+++ TASK MATERIAL

-- ===== src/SourcePipeline/Runtime/Tick/Commit.antt =====
-- What a tick that returns has made durable, and what a tick leaves to the next one.
use hll.Prelude.{
  ℕ, zero, suc, ◌+◌, ◌≡◌, refl, ap, Bool, true, false, not, Option, none, some, List, [], ◌∷◌, map,
  arith, ltb, ◌==◌, if◌then◌else◌, length, Bool-cases, inl, inr,
}
use hll.Exec.{Result, ok, err, Exec, lift, pure, for_each, ◌>>=◌, ◌>>◌}
use hll.SourcePipeline.Model.{Exception, WorkflowUnit, Services, State}
use hll.SourcePipeline.Webhook.{list_pending_events}
use hll.SourcePipeline.Runtime.Jobs.{submit_page_to_card}
use hll.SourcePipeline.Runtime.Tick.{
  Settings, commit, pending_units, open_units, handle_event, reconcile_unit,
  submit_missing_page_to_card_jobs, process_pending_webhook_events, reconcile_units,
  reconcile_since, run_low_frequency_reconcile, tick,
}

abbrev Durable : {Payload : Type 0} → State Payload → Type 0
Durable s = s.committed ≡ s.tables

-- The state after a run that returned `a`.
abbrev Returning :
    {Payload A : Type 0}
    → A
    → (State Payload → Type 0)
    → Result Exception A × State Payload
    → Type 0
Returning a P r = r.0 ≡ ok a → P r.1

positive : (n : ℕ) → ltb 0 (suc n) ≡ true
positive n = ground arith

module _ {Payload : Type 0} where
  never_returns :
      {A C : Type 0} (b c : C) (r : Result Exception A × State Payload)
      → (b ≡ c → ⊥)
      → ((lift r.0 >>= λ _. pure b) r.1).0 ≡ ok c
      → ⊥
  unfolding ◌>>=◌
  never_returns b c (ok _, t) differ e = differ (cc)
  never_returns b c (err _, t) differ e = cc

  -- A loop that ran and then returned `b` did not return `c`.
  batch_quiet :
      {A C : Type 0} (xs : List A) (body : A → Exec Exception (State Payload) Unit) (b c : C)
      (s : State Payload)
      → ((x : A) (rest : List A) → xs ≡ x ∷ rest → b ≡ c → ⊥)
      → Durable s
      → Returning c Durable ((for_each xs body >>= λ _. pure b) s)
  unfolding for_each ◌>>=◌
  batch_quiet [] body b c s only durable = λ _. durable
  batch_quiet (x ∷ xs) body b c s only durable = λ returned.
      absurd (never_returns b c ((body x >> for_each xs body) s) (only x xs refl) returned)

  nonempty :
      (us : List (WorkflowUnit Payload)) (x : ℕ) (rest : List ℕ)
      → map (λ u. u.id) us ≡ x ∷ rest
      → length us ≡ 0
      → ⊥
  nonempty [] x rest e n = cc
  nonempty (u ∷ us) x rest e n = omega arith

  some_left :
      (us : List (WorkflowUnit Payload)) (x : ℕ) (rest : List ℕ)
      → map (λ u. u.id) us ≡ x ∷ rest
      → not (length us == 0) ≡ false
      → ⊥
  some_left [] x rest e n = cc
  some_left (u ∷ us) x rest e n = ground arith

  module _ (svc : Services Payload) (settings : Settings) (now : ℕ) where
    submit_quiet :
        (s : State Payload)
        → Durable s
        → Returning 0 Durable (submit_missing_page_to_card_jobs svc settings s)
    unfolding submit_missing_page_to_card_jobs ◌>>=◌
    submit_quiet s durable =
        batch_quiet
          (map (λ (u : WorkflowUnit Payload). u.id) (pending_units settings.poll_batch_size s))
          (submit_page_to_card svc) _ 0 s (nonempty (pending_units settings.poll_batch_size s))
          durable

    events_quiet :
        (s : State Payload)
        → Durable s
        → Returning 0 Durable (process_pending_webhook_events svc settings now s)
    unfolding process_pending_webhook_events ◌>>=◌
    events_quiet s durable =
        batch_quiet (list_pending_events settings.poll_batch_size s) (handle_event svc now) _ 0 s
          (λ x rest e n. omega (arith, ap length e)) durable

    reconcile_since_quiet :
        (o : Option ℕ) (s : State Payload)
        → Durable s
        → Returning false Durable (reconcile_since svc settings now o s)
    unfolding reconcile_since reconcile_units ◌>>=◌
    reconcile_since_quiet none s durable = λ _. durable
    reconcile_since_quiet (some last) s durable =
        elim (Bool-cases (ltb now (last + settings.reconcile_interval))) [
          | inl early ↦ rw early (λ _. durable)
          | inr due ↦ rw due (
              batch_quiet
                (map (λ (u : WorkflowUnit Payload). u.id)
                  (open_units settings.reconcile_batch_size s))
                (reconcile_unit svc) _ false (record s { last_reconcile_at = some now })
                (some_left (open_units settings.reconcile_batch_size s)) durable)
        ]

    reconcile_quiet :
        (s : State Payload)
        → Durable s
        → Returning false Durable (run_low_frequency_reconcile svc settings now s)
    unfolding run_low_frequency_reconcile ◌>>=◌
    reconcile_quiet s durable = reconcile_since_quiet s.last_reconcile_at s durable

    after_reconcile :
        (r : Result Exception Bool × State Payload)
        → Returning false Durable r
        → Returning tt Durable ((lift r.0 >>= λ b. if b then commit else pure tt) r.1)
    unfolding commit ◌>>=◌
    after_reconcile (ok true, t) h = λ _. refl
    after_reconcile (ok false, t) h = λ _. h refl
    after_reconcile (err e, t) h = λ returned. cc

    after_events :
        (r : Result Exception ℕ × State Payload)
        → Returning 0 Durable r
        → Returning tt Durable (
            (lift r.0 >>= λ n.
            if ltb 0 n
            then commit
            else (run_low_frequency_reconcile svc settings now >>= λ b.
                if b then commit else pure tt))
              r.1)
    unfolding commit ◌>>=◌
    after_events (ok zero, t) h =
        after_reconcile (run_low_frequency_reconcile svc settings now t)
          (reconcile_quiet t (h refl))
    after_events (ok (suc n), t) h = rw (positive n) (λ _. refl)
    after_events (err e, t) h = λ returned. cc

    after_submit :
        (r : Result Exception ℕ × State Payload)
        → Returning 0 Durable r
        → Returning tt Durable (
            (lift r.0 >>= λ k.
            if ltb 0 k
            then commit
            else (process_pending_webhook_events svc settings now >>= λ n.
                if ltb 0 n
                then commit
                else (run_low_frequency_reconcile svc settings now >>= λ b.
                    if b then commit else pure tt)))
              r.1)
    unfolding commit ◌>>=◌
    after_submit (ok zero, t) h =
        after_events (process_pending_webhook_events svc settings now t) (events_quiet t (h refl))
    after_submit (ok (suc n), t) h = rw (positive n) (λ _. refl)
    after_submit (err e, t) h = λ returned. cc

    -- A tick that returns leaves nothing uncommitted.
    pub tick-Durable :
        (s : State Payload)
        → s.committed ≡ s.tables
        → (tick svc settings now s).0 ≡ ok tt
        → (tick svc settings now s).1.committed ≡ (tick svc settings now s).1.tables
    unfolding tick commit ◌>>=◌
    tick-Durable s durable =
        after_submit (submit_missing_page_to_card_jobs svc settings s) (submit_quiet s durable)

++++++

*TASK DESCRIPTION*. Please copy each line above exactly as written.

*ANSWER TO THIS TASK*.
-- ===== src/SourcePipeline/Runtime/Tick/Commit.antt =====
-- What a tick that returns has made durable, and what a tick leaves to the next one.
use hll.Prelude.{
  ℕ, zero, suc, ◌+◌, ◌≡◌, refl, ap, Bool, true, false, not, Option, none, some, List, [], ◌∷◌, map,
  arith, ltb, ◌==◌, if◌then◌else◌, length, Bool-cases, inl, inr,
}
use hll.Exec.{Result, ok, err, Exec, lift, pure, for_each, ◌>>=◌, ◌>>◌}
use hll.SourcePipeline.Model.{Exception, WorkflowUnit, Services, State}
use hll.SourcePipeline.Webhook.{list_pending_events}
use hll.SourcePipeline.Runtime.Jobs.{submit_page_to_card}
use hll.SourcePipeline.Runtime.Tick.{
  Settings, commit, pending_units, open_units, handle_event, reconcile_unit,
  submit_missing_page_to_card_jobs, process_pending_webhook_events, reconcile_units,
  reconcile_since, run_low_frequency_reconcile, tick,
}

abbrev Durable : {Payload : Type 0} → State Payload → Type 0
Durable s = s.committed ≡ s.tables

-- The state after a run that returned `a`.
abbrev Returning :
    {Payload A : Type 0}
    → A
    → (State Payload → Type 0)
    → Result Exception A × State Payload
    → Type 0
Returning a P r = r.0 ≡ ok a → P r.1

positive : (n : ℕ) → ltb 0 (suc n) ≡ true
positive n = ground arith

module _ {Payload : Type 0} where
  never_returns :
      {A C : Type 0} (b c : C) (r : Result Exception A × State Payload)
      → (b ≡ c → ⊥)
      → ((lift r.0 >>= λ _. pure b) r.1).0 ≡ ok c
      → ⊥
  unfolding ◌>>=◌
  never_returns b c (ok _, t) differ e = differ (cc)
  never_returns b c (err _, t) differ e = cc

  -- A loop that ran and then returned `b` did not return `c`.
  batch_quiet :
      {A C : Type 0} (xs : List A) (body : A → Exec Exception (State Payload) Unit) (b c : C)
      (s : State Payload)
      → ((x : A) (rest : List A) → xs ≡ x ∷ rest → b ≡ c → ⊥)
      → Durable s
      → Returning c Durable ((for_each xs body >>= λ _. pure b) s)
  unfolding for_each ◌>>=◌
  batch_quiet [] body b c s only durable = λ _. durable
  batch_quiet (x ∷ xs) body b c s only durable = λ returned.
      absurd (never_returns b c ((body x >> for_each xs body) s) (only x xs refl) returned)

  nonempty :
      (us : List (WorkflowUnit Payload)) (x : ℕ) (rest : List ℕ)
      → map (λ u. u.id) us ≡ x ∷ rest
      → length us ≡ 0
      → ⊥
  nonempty [] x rest e n = cc
  nonempty (u ∷ us) x rest e n = omega arith

  some_left :
      (us : List (WorkflowUnit Payload)) (x : ℕ) (rest : List ℕ)
      → map (λ u. u.id) us ≡ x ∷ rest
      → not (length us == 0) ≡ false
      → ⊥
  some_left [] x rest e n = cc
  some_left (u ∷ us) x rest e n = ground arith

  module _ (svc : Services Payload) (settings : Settings) (now : ℕ) where
    submit_quiet :
        (s : State Payload)
        → Durable s
        → Returning 0 Durable (submit_missing_page_to_card_jobs svc settings s)
    unfolding submit_missing_page_to_card_jobs ◌>>=◌
    submit_quiet s durable =
        batch_quiet
          (map (λ (u : WorkflowUnit Payload). u.id) (pending_units settings.poll_batch_size s))
          (submit_page_to_card svc) _ 0 s (nonempty (pending_units settings.poll_batch_size s))
          durable

    events_quiet :
        (s : State Payload)
        → Durable s
        → Returning 0 Durable (process_pending_webhook_events svc settings now s)
    unfolding process_pending_webhook_events ◌>>=◌
    events_quiet s durable =
        batch_quiet (list_pending_events settings.poll_batch_size s) (handle_event svc now) _ 0 s
          (λ x rest e n. omega (arith, ap length e)) durable

    reconcile_since_quiet :
        (o : Option ℕ) (s : State Payload)
        → Durable s
        → Returning false Durable (reconcile_since svc settings now o s)
    unfolding reconcile_since reconcile_units ◌>>=◌
    reconcile_since_quiet none s durable = λ _. durable
    reconcile_since_quiet (some last) s durable =
        elim (Bool-cases (ltb now (last + settings.reconcile_interval))) [
          | inl early ↦ rw early (λ _. durable)
          | inr due ↦ rw due (
              batch_quiet
                (map (λ (u : WorkflowUnit Payload). u.id)
                  (open_units settings.reconcile_batch_size s))
                (reconcile_unit svc) _ false (record s { last_reconcile_at = some now })
                (some_left (open_units settings.reconcile_batch_size s)) durable)
        ]

    reconcile_quiet :
        (s : State Payload)
        → Durable s
        → Returning false Durable (run_low_frequency_reconcile svc settings now s)
    unfolding run_low_frequency_reconcile ◌>>=◌
    reconcile_quiet s durable = reconcile_since_quiet s.last_reconcile_at s durable

    after_reconcile :
        (r : Result Exception Bool × State Payload)
        → Returning false Durable r
        → Returning tt Durable ((lift r.0 >>= λ b. if b then commit else pure tt) r.1)
    unfolding commit ◌>>=◌
    after_reconcile (ok true, t) h = λ _. refl
    after_reconcile (ok false, t) h = λ _. h refl
    after_reconcile (err e, t) h = λ returned. cc

    after_events :
        (r : Result Exception ℕ × State Payload)
        → Returning 0 Durable r
        → Returning tt Durable (
            (lift r.0 >>= λ n.
            if ltb 0 n
            then commit
            else (run_low_frequency_reconcile svc settings now >>= λ b.
                if b then commit else pure tt))
              r.1)
    unfolding commit ◌>>=◌
    after_events (ok zero, t) h =
        after_reconcile (run_low_frequency_reconcile svc settings now t)
          (reconcile_quiet t (h refl))
    after_events (ok (suc n), t) h = rw (positive n) (λ _. refl)
    after_events (err e, t) h = λ returned. cc

    after_submit :
        (r : Result Exception ℕ × State Payload)
        → Returning 0 Durable r
        → Returning tt Durable (
            (lift r.0 >>= λ k.
            if ltb 0 k
            then commit
            else (process_pending_webhook_events svc settings now >>= λ n.
                if ltb 0 n
                then commit
                else (run_low_frequency_reconcile svc settings now >>= λ b.
                    if b then commit else pure tt)))
              r.1)
    unfolding commit ◌>>=◌
    after_submit (ok zero, t) h =
        after_events (process_pending_webhook_events svc settings now t) (events_quiet t (h refl))
    after_submit (ok (suc n), t) h = rw (positive n) (λ _. refl)
    after_submit (err e, t) h = λ returned. cc

    -- A tick that returns leaves nothing uncommitted.
    pub tick-Durable :
        (s : State Payload)
        → s.committed ≡ s.tables
        → (tick svc settings now s).0 ≡ ok tt
        → (tick svc settings now s).1.committed ≡ (tick svc settings now s).1.tables
    unfolding tick commit ◌>>=◌
    tick-Durable s durable =
        after_submit (submit_missing_page_to_card_jobs svc settings s) (submit_quiet s durable)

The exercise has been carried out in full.